#### Task brief
Find the line with "-- The response to a request." in the entries below. Repeat it, every following line, and the line with "-- The loop of handleClient, up", exactly and with nothing added.

[Dataset items]

----------

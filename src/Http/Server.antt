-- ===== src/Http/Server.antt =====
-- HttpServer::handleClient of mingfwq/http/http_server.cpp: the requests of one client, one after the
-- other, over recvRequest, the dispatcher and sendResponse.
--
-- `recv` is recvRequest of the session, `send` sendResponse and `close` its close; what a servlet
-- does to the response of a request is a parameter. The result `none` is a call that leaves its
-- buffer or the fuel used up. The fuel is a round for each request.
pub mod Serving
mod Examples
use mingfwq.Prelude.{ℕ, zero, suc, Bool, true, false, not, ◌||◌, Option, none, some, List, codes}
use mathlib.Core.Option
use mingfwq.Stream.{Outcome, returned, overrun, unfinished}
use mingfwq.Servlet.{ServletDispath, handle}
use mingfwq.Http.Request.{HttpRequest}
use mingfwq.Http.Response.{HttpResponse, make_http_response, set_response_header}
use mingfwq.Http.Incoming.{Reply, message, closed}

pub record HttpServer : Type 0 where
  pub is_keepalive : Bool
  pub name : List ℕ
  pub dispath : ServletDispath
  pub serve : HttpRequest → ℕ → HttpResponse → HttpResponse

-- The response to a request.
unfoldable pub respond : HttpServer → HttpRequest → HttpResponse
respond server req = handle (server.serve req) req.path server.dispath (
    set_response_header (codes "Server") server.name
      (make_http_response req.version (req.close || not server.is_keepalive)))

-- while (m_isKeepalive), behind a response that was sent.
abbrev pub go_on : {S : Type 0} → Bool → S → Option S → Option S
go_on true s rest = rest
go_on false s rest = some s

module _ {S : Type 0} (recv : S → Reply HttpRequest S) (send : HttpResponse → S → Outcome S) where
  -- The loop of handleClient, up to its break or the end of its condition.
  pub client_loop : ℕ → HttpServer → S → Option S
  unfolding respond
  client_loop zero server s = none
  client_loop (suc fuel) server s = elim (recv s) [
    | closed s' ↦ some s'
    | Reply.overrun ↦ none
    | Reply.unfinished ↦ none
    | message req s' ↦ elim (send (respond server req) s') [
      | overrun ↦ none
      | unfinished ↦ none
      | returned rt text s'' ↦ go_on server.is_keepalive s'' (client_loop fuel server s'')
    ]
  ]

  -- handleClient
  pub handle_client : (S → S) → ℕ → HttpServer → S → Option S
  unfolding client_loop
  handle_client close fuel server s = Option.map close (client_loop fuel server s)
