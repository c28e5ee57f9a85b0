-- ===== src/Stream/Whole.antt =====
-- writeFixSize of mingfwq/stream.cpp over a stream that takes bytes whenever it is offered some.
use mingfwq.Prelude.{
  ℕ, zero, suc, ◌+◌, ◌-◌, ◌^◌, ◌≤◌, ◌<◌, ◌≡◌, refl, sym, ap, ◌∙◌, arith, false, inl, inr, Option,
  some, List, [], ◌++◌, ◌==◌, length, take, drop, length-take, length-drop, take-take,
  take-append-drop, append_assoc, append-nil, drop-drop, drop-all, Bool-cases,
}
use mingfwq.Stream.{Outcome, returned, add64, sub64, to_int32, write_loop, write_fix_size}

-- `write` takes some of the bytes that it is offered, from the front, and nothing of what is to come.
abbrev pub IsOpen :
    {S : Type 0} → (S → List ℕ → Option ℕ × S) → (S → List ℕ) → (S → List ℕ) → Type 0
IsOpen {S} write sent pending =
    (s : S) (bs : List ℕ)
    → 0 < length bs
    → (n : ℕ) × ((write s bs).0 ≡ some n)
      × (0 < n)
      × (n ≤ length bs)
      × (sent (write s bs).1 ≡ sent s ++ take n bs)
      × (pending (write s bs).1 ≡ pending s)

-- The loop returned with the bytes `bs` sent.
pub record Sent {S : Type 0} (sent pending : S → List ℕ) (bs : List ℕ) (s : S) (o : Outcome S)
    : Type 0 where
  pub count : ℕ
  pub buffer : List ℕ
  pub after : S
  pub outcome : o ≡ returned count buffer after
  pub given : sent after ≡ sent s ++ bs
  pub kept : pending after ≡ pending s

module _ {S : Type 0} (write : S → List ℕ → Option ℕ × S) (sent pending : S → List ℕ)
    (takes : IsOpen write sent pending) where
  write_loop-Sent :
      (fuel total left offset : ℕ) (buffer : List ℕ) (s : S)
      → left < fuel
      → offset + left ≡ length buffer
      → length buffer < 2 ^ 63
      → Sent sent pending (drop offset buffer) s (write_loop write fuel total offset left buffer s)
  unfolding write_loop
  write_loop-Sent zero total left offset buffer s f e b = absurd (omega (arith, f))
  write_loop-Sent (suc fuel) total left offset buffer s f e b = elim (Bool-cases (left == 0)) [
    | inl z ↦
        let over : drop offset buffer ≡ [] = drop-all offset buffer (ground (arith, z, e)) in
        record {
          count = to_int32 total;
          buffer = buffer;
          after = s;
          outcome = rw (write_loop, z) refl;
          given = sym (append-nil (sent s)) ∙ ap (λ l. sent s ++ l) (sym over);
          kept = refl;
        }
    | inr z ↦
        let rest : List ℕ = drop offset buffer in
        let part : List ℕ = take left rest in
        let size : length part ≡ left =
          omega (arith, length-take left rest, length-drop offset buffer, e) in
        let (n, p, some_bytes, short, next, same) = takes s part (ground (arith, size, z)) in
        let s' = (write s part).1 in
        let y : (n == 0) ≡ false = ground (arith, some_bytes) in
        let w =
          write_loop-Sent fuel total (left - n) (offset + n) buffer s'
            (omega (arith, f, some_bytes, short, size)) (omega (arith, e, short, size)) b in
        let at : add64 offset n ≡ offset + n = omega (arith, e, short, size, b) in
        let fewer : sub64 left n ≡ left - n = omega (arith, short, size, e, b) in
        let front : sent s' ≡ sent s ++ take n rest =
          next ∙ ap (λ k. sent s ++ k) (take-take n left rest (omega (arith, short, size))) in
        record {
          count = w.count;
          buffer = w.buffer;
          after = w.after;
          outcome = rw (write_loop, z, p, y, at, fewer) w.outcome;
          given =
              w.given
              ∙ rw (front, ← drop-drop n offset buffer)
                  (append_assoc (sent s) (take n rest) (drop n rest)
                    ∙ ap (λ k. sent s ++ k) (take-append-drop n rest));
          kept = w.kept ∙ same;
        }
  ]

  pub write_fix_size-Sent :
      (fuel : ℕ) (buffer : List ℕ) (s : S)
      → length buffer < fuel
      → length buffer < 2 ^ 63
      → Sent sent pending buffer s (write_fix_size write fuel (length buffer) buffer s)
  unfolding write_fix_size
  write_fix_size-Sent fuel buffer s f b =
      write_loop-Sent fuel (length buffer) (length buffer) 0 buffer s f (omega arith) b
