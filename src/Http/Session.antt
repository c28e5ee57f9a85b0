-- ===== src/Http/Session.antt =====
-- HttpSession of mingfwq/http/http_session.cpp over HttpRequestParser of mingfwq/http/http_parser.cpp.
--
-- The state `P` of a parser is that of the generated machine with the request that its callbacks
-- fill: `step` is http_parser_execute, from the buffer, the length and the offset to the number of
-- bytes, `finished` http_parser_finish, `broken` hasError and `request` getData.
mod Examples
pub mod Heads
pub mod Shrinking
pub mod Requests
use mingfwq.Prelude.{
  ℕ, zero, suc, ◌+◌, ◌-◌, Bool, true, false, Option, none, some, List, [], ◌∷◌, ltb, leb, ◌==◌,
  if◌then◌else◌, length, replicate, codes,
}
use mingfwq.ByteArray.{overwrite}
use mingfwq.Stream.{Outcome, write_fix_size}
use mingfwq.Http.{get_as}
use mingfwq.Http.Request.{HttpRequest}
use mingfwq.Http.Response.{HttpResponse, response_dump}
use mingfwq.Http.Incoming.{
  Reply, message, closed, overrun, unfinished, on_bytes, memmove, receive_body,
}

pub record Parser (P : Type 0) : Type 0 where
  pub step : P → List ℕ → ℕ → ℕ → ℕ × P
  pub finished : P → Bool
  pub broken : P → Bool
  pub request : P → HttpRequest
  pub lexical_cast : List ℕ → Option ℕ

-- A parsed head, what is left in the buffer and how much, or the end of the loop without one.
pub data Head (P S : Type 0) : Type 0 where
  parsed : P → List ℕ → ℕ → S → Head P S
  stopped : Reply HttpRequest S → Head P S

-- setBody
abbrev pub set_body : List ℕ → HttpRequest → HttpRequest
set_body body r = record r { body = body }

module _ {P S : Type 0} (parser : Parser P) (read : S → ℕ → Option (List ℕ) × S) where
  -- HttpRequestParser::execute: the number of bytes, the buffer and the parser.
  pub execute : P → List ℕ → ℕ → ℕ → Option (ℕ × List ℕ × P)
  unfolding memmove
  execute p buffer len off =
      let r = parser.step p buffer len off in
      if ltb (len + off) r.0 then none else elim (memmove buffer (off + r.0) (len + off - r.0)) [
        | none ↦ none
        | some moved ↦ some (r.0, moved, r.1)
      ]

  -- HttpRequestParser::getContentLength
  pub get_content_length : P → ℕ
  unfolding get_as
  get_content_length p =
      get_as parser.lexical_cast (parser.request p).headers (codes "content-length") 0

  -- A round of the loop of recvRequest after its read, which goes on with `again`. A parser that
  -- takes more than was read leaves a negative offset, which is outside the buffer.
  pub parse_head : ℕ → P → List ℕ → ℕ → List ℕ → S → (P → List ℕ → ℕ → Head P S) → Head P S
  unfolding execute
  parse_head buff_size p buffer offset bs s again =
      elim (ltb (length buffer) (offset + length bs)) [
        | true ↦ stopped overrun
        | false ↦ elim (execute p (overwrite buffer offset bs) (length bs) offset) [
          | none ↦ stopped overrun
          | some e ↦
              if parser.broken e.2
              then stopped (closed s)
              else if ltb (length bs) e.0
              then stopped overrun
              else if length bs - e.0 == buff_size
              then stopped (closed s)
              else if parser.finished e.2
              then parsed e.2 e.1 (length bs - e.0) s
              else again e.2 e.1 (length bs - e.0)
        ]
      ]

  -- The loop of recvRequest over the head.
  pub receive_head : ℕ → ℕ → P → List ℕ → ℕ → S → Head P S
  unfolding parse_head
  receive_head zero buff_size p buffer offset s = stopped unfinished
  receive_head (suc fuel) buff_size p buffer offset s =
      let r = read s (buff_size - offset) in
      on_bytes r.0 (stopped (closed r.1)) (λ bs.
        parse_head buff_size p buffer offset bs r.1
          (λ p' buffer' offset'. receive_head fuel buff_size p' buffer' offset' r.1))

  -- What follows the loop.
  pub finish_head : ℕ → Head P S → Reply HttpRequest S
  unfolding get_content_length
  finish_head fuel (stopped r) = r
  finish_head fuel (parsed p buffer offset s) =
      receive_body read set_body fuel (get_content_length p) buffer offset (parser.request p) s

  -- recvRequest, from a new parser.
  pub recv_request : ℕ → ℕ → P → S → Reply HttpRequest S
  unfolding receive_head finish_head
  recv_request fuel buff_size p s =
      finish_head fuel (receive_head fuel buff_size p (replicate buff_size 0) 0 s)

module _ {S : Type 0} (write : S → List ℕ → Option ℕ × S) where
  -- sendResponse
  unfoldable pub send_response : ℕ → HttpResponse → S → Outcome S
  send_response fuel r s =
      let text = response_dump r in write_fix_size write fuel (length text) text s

----------

#### Solution for this task
-- The response to a request.
unfoldable pub respond : HttpServer → HttpRequest → HttpResponse
respond server req = handle (server.serve req) req.path server.dispath (
    set_response_header (codes "Server") server.name
      (make_http_response req.version (req.close || not server.is_keepalive)))

-- while (m_isKeepalive), behind a response that was sent.
abbrev pub go_on : {S : Type 0} → Bool → S → Option S → Option S
go_on true s rest = rest
go_on false s rest = some s

module _ {S : Type 0} (recv : S → Reply HttpRequest S) (send : HttpResponse → S → Outcome S) where
  -- The loop of handleClient, up to its break or the end of its condition.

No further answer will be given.